I kinked my ****ing cable last night.... I knew what I was getting into when I started.... I knew my cable was nearing the end of it's life... I still put it down there... I still kinked it. Cost me time.

Loading my new back up set and ordering another set today.

About 1 year and many sewers out of Spartan's .55. I can't complain.


----------



## Drain Pro (Nov 3, 2013)

It happens. 


Sent from my iPhone using Tapatalk


----------



## GREENPLUM (Jul 27, 2008)

Damn! Should have just hit it with Jetter! Wouldn't have kinked the Jetter hose

Sent from my SM-N930V using Tapatalk


----------



## OpenSights (Mar 23, 2015)

GREENPLUM said:


> Damn! Should have just hit it with Jetter! Wouldn't have kinked the Jetter hose
> 
> Sent from my SM-N930V using Tapatalk


Working on that. Butting heads with my Master about a jetter.


----------



## GREENPLUM (Jul 27, 2008)

OpenSights said:


> Working on that. Butting heads with my Master about a jetter.


After this episode it might help him see the light! 

Sent from my SM-N930V using Tapatalk


----------



## Drain Pro (Nov 3, 2013)

I've had my fair share of nightmares with the jetter as well. 
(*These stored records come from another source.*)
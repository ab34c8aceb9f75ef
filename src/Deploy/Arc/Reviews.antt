-- ===== src/Deploy/Arc/Reviews.antt =====
-- What a verified step of an Arc deployment has shown (scripts/lib/arc-deployment.mjs).
use mathlib.Core.Path.{subst}
use aqua_orbital.Prelude.{
  ℕ, ◌≤◌, ◌≡◌, refl, sym, ap, ◌∙◌, true, false, ◌||◌, not, List, Option, none, some, ltb, ◌==◌,
  ==_iff, includes, arith, ok, or_fail, >>=-elim, or_fail-eq-ok, ok-injective, fail_if->>-eq-ok,
  fail_if-eq-ok,
}
use aqua_orbital.Projections.Strategies.Lives.{not-eq-false}
use aqua_orbital.Indexer.Canonical.{same_option}
use aqua_orbital.Deploy.Arc.{
  Error, rpc_failed, invalid_review, review_mismatch, review_exceeds_bounds, missing_transaction,
  transaction_mismatch, confirmed_unavailable, transaction_reverted, absent_from_block,
  receipt_mismatch, receipt_changed, transaction_exceeds_review, check_quantities, Step,
  ReviewedTransaction, Review, Transaction, Receipt, BlockAnswer, Entry, Plan, Rpc, arc_chain_id,
  number, quantity, check_simulated, transaction_of, simulated_of, check_reviewed, validate_review,
  is_missing, is_hash, validate_transaction, check_gas, block_transactions, check_receipt,
  is_changed, runtime_of, verify_entry,
}

-- A reviewed transaction is the step's, on Arc, with no native value and within the cap of gas.
pub record IsReviewed (plan : Plan) (step : Step) (tx : ReviewedTransaction) : Type 0 where
  pub from : tx.from ≡ some plan.deployer
  pub to : tx.to ≡ step.to
  pub input : tx.input ≡ some step.input
  pub nonce : tx.nonce ≡ some step.nonce
  pub value : tx.value ≡ some 0
  pub chain_id : tx.chain_id ≡ some arc_chain_id
  pub gas : (g : ℕ) × (tx.gas ≡ some g) × (1 ≤ g) × (g ≤ plan.gas_limit_cap)
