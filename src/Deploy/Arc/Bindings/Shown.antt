-- ===== src/Deploy/Arc/Bindings/Shown.antt =====
-- What the contracts of an Arc deployment have answered when their bindings are verified
-- (scripts/lib/arc-deployment.mjs, `bindings`).
use mathlib.Core.Path.{ap₂}
use aqua_orbital.Prelude.{
  ℕ, ◌≡◌, refl, ap, ◌∙◌, true, false, not, List, [], ◌∷◌, Option, some, ==_iff, &&-eq-true, ok,
  or_fail, >>=-elim, or_fail-eq-ok, ok-injective, fail_if->>-eq-ok,
}
use aqua_orbital.Text.{same_text-eq-true}
use aqua_orbital.Projections.Strategies.Lives.{not-eq-false}
use aqua_orbital.Indexer.Canonical.{same_option}
use aqua_orbital.Deploy.Arc.{
  rpc_failed, not_a_number, noncanonical_getter, binding_mismatch, block_orphaned,
}
use aqua_orbital.Deploy.Arc.Reviews.{same_option-eq}
use aqua_orbital.Deploy.Arc.Status.{Network, check_network}
use aqua_orbital.Deploy.Arc.Bindings.{
  Scalar, natural, flag, text, no_items, Answer, Contracts, Expected, same_scalar, same_outputs,
  check_reads, bindings,
}

-- Every getter answers what is expected of it, in its one encoding.
abbrev pub AllRead : Contracts → ℕ → List Expected → Type 0
AllRead contracts clock [] = Unit
AllRead contracts clock (e ∷ es) =
    (contracts.call clock e.to e.getter
      ≡ some (record { outputs = e.outputs; is_canonical = true }))
    × AllRead contracts clock es

same_scalar-eq-true : (x y : Scalar) → same_scalar x y ≡ true → x ≡ y
same_scalar-eq-true (natural n) (natural m) h = ap natural ((==_iff n m).0 h)
same_scalar-eq-true (natural n) (flag b) h = cc
same_scalar-eq-true (natural n) (text t) h = cc
same_scalar-eq-true (natural n) no_items h = cc
same_scalar-eq-true (flag a) (natural m) h = cc
same_scalar-eq-true (flag true) (flag true) h = refl
same_scalar-eq-true (flag true) (flag false) h = cc
same_scalar-eq-true (flag false) (flag true) h = cc
same_scalar-eq-true (flag false) (flag false) h = refl
same_scalar-eq-true (flag a) (text t) h = cc
same_scalar-eq-true (flag a) no_items h = cc
same_scalar-eq-true (text s) (natural m) h = cc
same_scalar-eq-true (text s) (flag b) h = cc
same_scalar-eq-true (text s) (text t) h = ap text (same_text-eq-true s t h)
same_scalar-eq-true (text s) no_items h = cc
same_scalar-eq-true no_items (natural m) h = cc
same_scalar-eq-true no_items (flag b) h = cc
same_scalar-eq-true no_items (text t) h = cc
same_scalar-eq-true no_items no_items h = refl

same_outputs-eq-true : (xs ys : List Scalar) → same_outputs xs ys ≡ true → xs ≡ ys
same_outputs-eq-true [] [] h = refl
same_outputs-eq-true [] (y ∷ ys) h = cc
same_outputs-eq-true (x ∷ xs) [] h = cc
same_outputs-eq-true (x ∷ xs) (y ∷ ys) h =
    let (first, rest) = &&-eq-true (same_scalar x y) (same_outputs xs ys) h in
    ap₂ (λ a as1. a ∷ as1) (same_scalar-eq-true x y first) (same_outputs-eq-true xs ys rest)

answer_with :
    (a : Answer) (xs : List Scalar)
    → a.is_canonical ≡ true
    → a.outputs ≡ xs
    → a ≡ record { outputs = xs; is_canonical = true }
answer_with a xs c o = ap₂ (λ o2 c2. record { outputs = o2; is_canonical = c2 }) o c

check_reads-AllRead :
    (contracts : Contracts) (clock : ℕ) (es : List Expected) {u : Unit {0}}
    → check_reads contracts clock es ≡ ok u
    → AllRead contracts clock es
unfolding check_reads
check_reads-AllRead contracts clock [] h = tt
check_reads-AllRead contracts clock (x ∷ es) h =
    >>=-elim (or_fail (contracts.call clock x.to x.getter) rpc_failed) _ h (λ found answered h1.
      let (canonical, h2) = fail_if->>-eq-ok (not found.is_canonical) noncanonical_getter _ h1 in
      let (same, h3) =
        fail_if->>-eq-ok (not (same_outputs found.outputs x.outputs)) binding_mismatch _ h2 in
      (
        or_fail-eq-ok _ _ answered
            ∙ ap (λ (a : Answer). some a)
                (answer_with found x.outputs (not-eq-false found.is_canonical canonical) (
                  same_outputs-eq-true found.outputs x.outputs
                    (not-eq-false (same_outputs found.outputs x.outputs) same))),
        check_reads-AllRead contracts clock es h3,
      ))

-- The reads are as expected, and the block that they were made at has kept its hash.
pub bindings-AllRead :
    (contracts : Contracts) (net : Network) (clock : ℕ) (reads : List Expected) (hash : Option ℕ)
    → bindings contracts net clock reads ≡ ok hash
    → AllRead contracts clock reads × (contracts.again clock ≡ some (some hash))
unfolding bindings
bindings-AllRead contracts net clock reads hash h =
    >>=-elim (check_network net clock) _ h (λ block n h1.
      >>=-elim (check_reads contracts clock reads) _ h1 (λ u read h2.
        >>=-elim (or_fail (contracts.again clock) rpc_failed) _ h2 (λ asked a h3.
          >>=-elim (or_fail asked not_a_number) _ h3 (λ again g h4.
            let (same, h5) =
              fail_if->>-eq-ok (not (same_option again block.hash)) block_orphaned _ h4 in
            (
              check_reads-AllRead contracts clock reads read,
              or_fail-eq-ok _ _ a
                  ∙ ap (λ (o : Option (Option ℕ)). some o)
                      (or_fail-eq-ok _ _ g
                        ∙ ap (λ (o : Option ℕ). some o)
                            (same_option-eq again block.hash same ∙ ok-injective h5)),
            )))))
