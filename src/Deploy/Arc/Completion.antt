-- ===== src/Deploy/Arc/Completion.antt =====
-- The end of an Arc deployment (scripts/lib/arc-deployment.mjs: `stateFor`, `verifiedCompletion`,
-- `activateArcDeployment`, `verifyActiveArcDeployment`). The plan is loaded before; a state file that is
-- absent stands for the first state, and a write does not fail. A text of a file is a number.
pub mod Verified
mod Tests
use aqua_orbital.Prelude.{
  ℕ, Bool, true, false, ◌&&◌, ◌||◌, not, List, [], ◌∷◌, Option, none, some, ltb, ◌==◌, map, length,
  Result, ok, err, ◌>>=◌, ◌>>◌, fail_if, or_fail,
}
use aqua_orbital.Text.{same_text}
use aqua_orbital.Indexer.Canonical.{same_option, same_flag}
use aqua_orbital.Deploy.Runtime.{Runtime}
use aqua_orbital.Deploy.Arc.{
  Error, missing_step, usdc_changed, other_state, incomplete, has_blockers, other_active, no_report,
  report_mismatch, Review, Receipt, Entry, Plan, State, Rpc, number, same_runtime, verify_all,
  refresh,
}
use aqua_orbital.Deploy.Arc.Status.{
  Network, Blocker, Preflight, Observation, Prepared, check_network, preflight, preflight_options,
  is_complete, code_hash,
}
use aqua_orbital.Deploy.Arc.Bindings.{Contracts, Token, Addresses, expected_reads, bindings}

-- A plan that is loaded.
pub record Loaded : Type 0 where
  pub prepared : Prepared
  pub plan_id : ℕ
  pub rpc_url : ℕ
  pub addresses : Addresses
  pub tokens : List Token

-- The file of the state. Confirmed entries that are no list are `none`.
pub record Saved : Type 0 where
  pub plan_id : ℕ
  pub confirmed : Option (List Entry)
  pub pending_hash : Option ℕ
  pub review : Option Review

pub record Manifest : Type 0 where
  pub rpc_url : ℕ
  pub addresses : Addresses
  pub start_block : ℕ
  pub tokens : List Token

-- A confirmed step in a report.
pub record Receipted : Type 0 where
  pub hash : ℕ
  pub receipt : Option Receipt
  pub runtime : Option Runtime

-- The report of an activation. `is_verified` says whether its version, scope and flag are as they are
-- written, and the path of its plan a text.
pub record Report : Type 0 where
  pub is_verified : Bool
  pub plan_id : ℕ
  pub self_deploy_aqua : Bool
  pub usdc_hash : Option ℕ
  pub aqua_hash : Option ℕ
  pub manifest : Manifest
  pub receipts : List Receipted

pub record Completion : Type 0 where
  pub state : State
  pub manifest : Manifest
  pub seen : Observation
  pub block_hash : Option ℕ

-- `stateFor`
abbrev pub state_for : Loaded → Saved → Result Error State
state_for l saved = do
  fail_if (not (saved.plan_id == l.plan_id)) other_state
  confirmed ← or_fail saved.confirmed other_state
  fail_if (ltb (length l.prepared.plan.steps) (length confirmed)) other_state
  ok (record { confirmed = confirmed; pending_hash = saved.pending_hash; review = saved.review })

abbrev pub save : Loaded → State → Saved
save l state = record {
  plan_id = l.plan_id;
  confirmed = some state.confirmed;
  pending_hash = state.pending_hash;
  review = state.review;
}

abbrev pub has_pending : Option ℕ → Bool
has_pending none = false
has_pending (some h) = true

abbrev pub is_unfinished : Plan → State → Bool
is_unfinished plan state = has_pending state.pending_hash || not (is_complete plan state)

-- The verification of the entries, which a reader does not advance.
unfoldable pub advance :
    (List ℕ → ℕ) → Rpc → ℕ → Plan → (read_only : Bool) → State → Result Error State
advance keccak rpc clock plan true state = do
  fail_if (is_unfinished plan state) incomplete
  rest ← verify_all keccak rpc clock plan plan.steps state.confirmed
  ok state
advance keccak rpc clock plan false state = refresh keccak rpc clock plan state

abbrev pub has_any : List Blocker → Bool
has_any [] = false
has_any (b ∷ bs) = true

-- The options of the last preflight: the wallet is done.
abbrev pub final_options : Prepared → State → Preflight
final_options p state = record {
  self_deploy_aqua = p.self_deploy_aqua;
  aqua_address = p.aqua_address;
  aqua_runtime = (preflight_options p state).aqua_runtime;
  require_aqua = (preflight_options p state).require_aqua;
  require_wallet_ready = false;
}

-- The block of the first receipt.
abbrev pub start_of : List Entry → Result Error ℕ
start_of [] = err missing_step
start_of (e ∷ es) = or_fail e.receipt missing_step >>= λ r. number r.block_number

module _ (keccak : List ℕ → ℕ) (order_hash : ℕ → ℕ → ℕ → ℕ) (rpc : Rpc) (net : Network)
    (contracts : Contracts) (clock : ℕ) (l : Loaded) where
  -- What follows the verification of the entries.
  unfoldable pub complete_with : State → Result Error Completion
  complete_with state = do
    fail_if (is_unfinished l.prepared.plan state) incomplete
    seen ← preflight keccak net clock l.prepared.evidence (final_options l.prepared state)
    fail_if
        (not
          (same_option (code_hash keccak seen.usdc_code) (code_hash keccak l.prepared.usdc_code)))
        usdc_changed
    fail_if (has_any seen.blockers) has_blockers
    bound ← bindings contracts net clock (
        expected_reads keccak order_hash l.prepared.self_deploy_aqua l.prepared.plan.deployer
          l.addresses l.tokens)
    start ← start_of state.confirmed
    ok (record {
      state = state;
      manifest = record {
        rpc_url = l.rpc_url;
        addresses = l.addresses;
        start_block = start;
        tokens = l.tokens;
      };
      seen = seen;
      block_hash = bound;
    })

  abbrev pub after_advance : Saved → Result Error State → Result Error Completion × Saved
  after_advance saved (err e) = (err e, saved)
  after_advance saved (ok state) = (complete_with state, save l state)

  abbrev pub from_state : Bool → Saved → Result Error State → Result Error Completion × Saved
  from_state read_only saved (err e) = (err e, saved)
  from_state read_only saved (ok state) = after_advance saved (
      check_network net clock >>= λ block. advance keccak rpc clock l.prepared.plan read_only state)

  -- `verifiedCompletion`: its result, and the state that is saved.
  unfoldable pub verified_completion : Bool → Saved → Result Error Completion × Saved
  verified_completion read_only saved = from_state read_only saved (state_for l saved)

abbrev pub same_token : Token → Token → Bool
same_token t u =
    (t.address == u.address)
    && (t.decimals == u.decimals)
    && same_text t.symbol u.symbol
    && same_flag t.is_mock u.is_mock

abbrev pub same_tokens : List Token → List Token → Bool
same_tokens [] [] = true
same_tokens (t ∷ ts) (u ∷ us) = same_token t u && same_tokens ts us
same_tokens _ _ = false

abbrev pub same_manifest : Manifest → Manifest → Bool
same_manifest m n =
    (m.rpc_url == n.rpc_url)
    && (m.addresses.aqua == n.addresses.aqua)
    && (m.addresses.router == n.addresses.router)
    && (m.addresses.payments == n.addresses.payments)
    && (m.start_block == n.start_block)
    && same_tokens m.tokens n.tokens

abbrev pub is_other_manifest : Option Manifest → Manifest → Bool
is_other_manifest none m = false
is_other_manifest (some n) m = not (same_manifest n m)

abbrev pub receipted : Entry → Receipted
receipted e = record { hash = e.hash; receipt = e.receipt; runtime = e.runtime }

abbrev pub report_of : (List ℕ → ℕ) → Loaded → Completion → Report
report_of keccak l done = record {
  is_verified = true;
  plan_id = l.plan_id;
  self_deploy_aqua = l.prepared.self_deploy_aqua;
  usdc_hash = code_hash keccak done.seen.usdc_code;
  aqua_hash = code_hash keccak done.seen.aqua_code;
  manifest = done.manifest;
  receipts = map receipted done.state.confirmed;
}

-- The two files of an activation.
abbrev pub files_for :
    (List ℕ → ℕ)
    → Loaded
    → Option Manifest
    → Result Error Completion
    → Result Error (Report × Manifest)
files_for keccak l existing completed = do
  done ← completed
  fail_if (is_other_manifest existing done.manifest) other_active
  ok (report_of keccak l done, done.manifest)

abbrev pub same_receipt : Option Receipt → Option Receipt → Bool
same_receipt none none = true
same_receipt (some r) (some s) = r.text == s.text
same_receipt _ _ = false

abbrev pub same_evidence : (List ℕ → ℕ) → Option Runtime → Option Runtime → Bool
same_evidence keccak none none = true
same_evidence keccak (some r) (some s) = same_runtime keccak r s
same_evidence keccak _ _ = false

abbrev pub same_receipts : (List ℕ → ℕ) → List Receipted → List Receipted → Bool
same_receipts keccak [] [] = true
same_receipts keccak (r ∷ rs) (s ∷ ss) =
    (r.hash == s.hash)
    && same_receipt r.receipt s.receipt
    && same_evidence keccak r.runtime s.runtime
    && same_receipts keccak rs ss
same_receipts keccak _ _ = false

-- The tests of a report and of the active manifest, against what is verified again.
unfoldable pub check_report :
    (List ℕ → ℕ) → Loaded → Report → Option Manifest → Completion → Result Error (Unit {0})
check_report keccak l report active done = do
  fail_if (not (report.plan_id == l.plan_id)) report_mismatch
  fail_if (not (same_flag report.self_deploy_aqua l.prepared.self_deploy_aqua)) report_mismatch
  fail_if (not (same_option report.usdc_hash (code_hash keccak done.seen.usdc_code)))
      report_mismatch
  fail_if (not (same_option report.aqua_hash (code_hash keccak done.seen.aqua_code)))
      report_mismatch
  fail_if (not (same_manifest report.manifest done.manifest)) report_mismatch
  manifest ← or_fail active no_report
  fail_if (not (same_manifest manifest done.manifest)) report_mismatch
  fail_if (not (same_receipts keccak report.receipts (map receipted done.state.confirmed)))
      report_mismatch

module _ (keccak : List ℕ → ℕ) (order_hash : ℕ → ℕ → ℕ → ℕ) (rpc : Rpc) (net : Network)
    (contracts : Contracts) (clock : ℕ) (l : Loaded) where
  -- `activateArcDeployment`: the files it writes, and the state that is saved.
  unfoldable pub activate : Option Manifest → Saved → Result Error (Report × Manifest) × Saved
  activate existing saved =
      let (completed, after) =
        verified_completion keccak order_hash rpc net contracts clock l false saved in
      (files_for keccak l existing completed, after)

  -- `verifyActiveArcDeployment`, of the plan that the report names.
  unfoldable pub verify_active : Report → Option Manifest → Saved → Result Error (Option ℕ)
  verify_active report active saved = do
    fail_if (not report.is_verified) no_report
    done ← (verified_completion keccak order_hash rpc net contracts clock l true saved).0
    check_report keccak l report active done
    ok done.block_hash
Sent from my iPhone using Tapatalk


----------



## Master Mark (Aug 14, 2009)

OpenSights said:


> I kinked my ****ing cable last night.... I knew what I was getting into when I started.... I knew my cable was nearing the end of it's life... I still put it down there... I still kinked it. Cost me time.
> 
> Loading my new back up set and ordering another set today.
> 
> About 1 year and many sewers out of Spartan's .55. I can't complain.




I wonder how many sewers and how much money that one cable earned you or your company this year??? it adds up faster than you think...


----------



## OpenSights (Mar 23, 2015)

Master Mark said:


> I wonder how many sewers and how much money that one cable earned you or your company this year??? it adds up faster than you think...


The cable has paid for itself many times over. More disappointed in myself.


----------



## OpenSights (Mar 23, 2015)

GREENPLUM said:


> After this episode it might help him see the light!
> 
> Sent from my SM-N930V using Tapatalk


He's pigheaded... Seems to think I can get a US Jetter 4018 diesel with all the bells and whistles at the WWETT show for $17k like his last drain cleaner did 15-20 years ago. Anything less... I'm worthless.


----------



## GREENPLUM (Jul 27, 2008)

Lol,sorry but thats not going to happen. 

Sent from my SM-N930V using Tapatalk


----------



## dhal22 (Jul 30, 2010)

More like the mid 40's for a jetter that size.


----------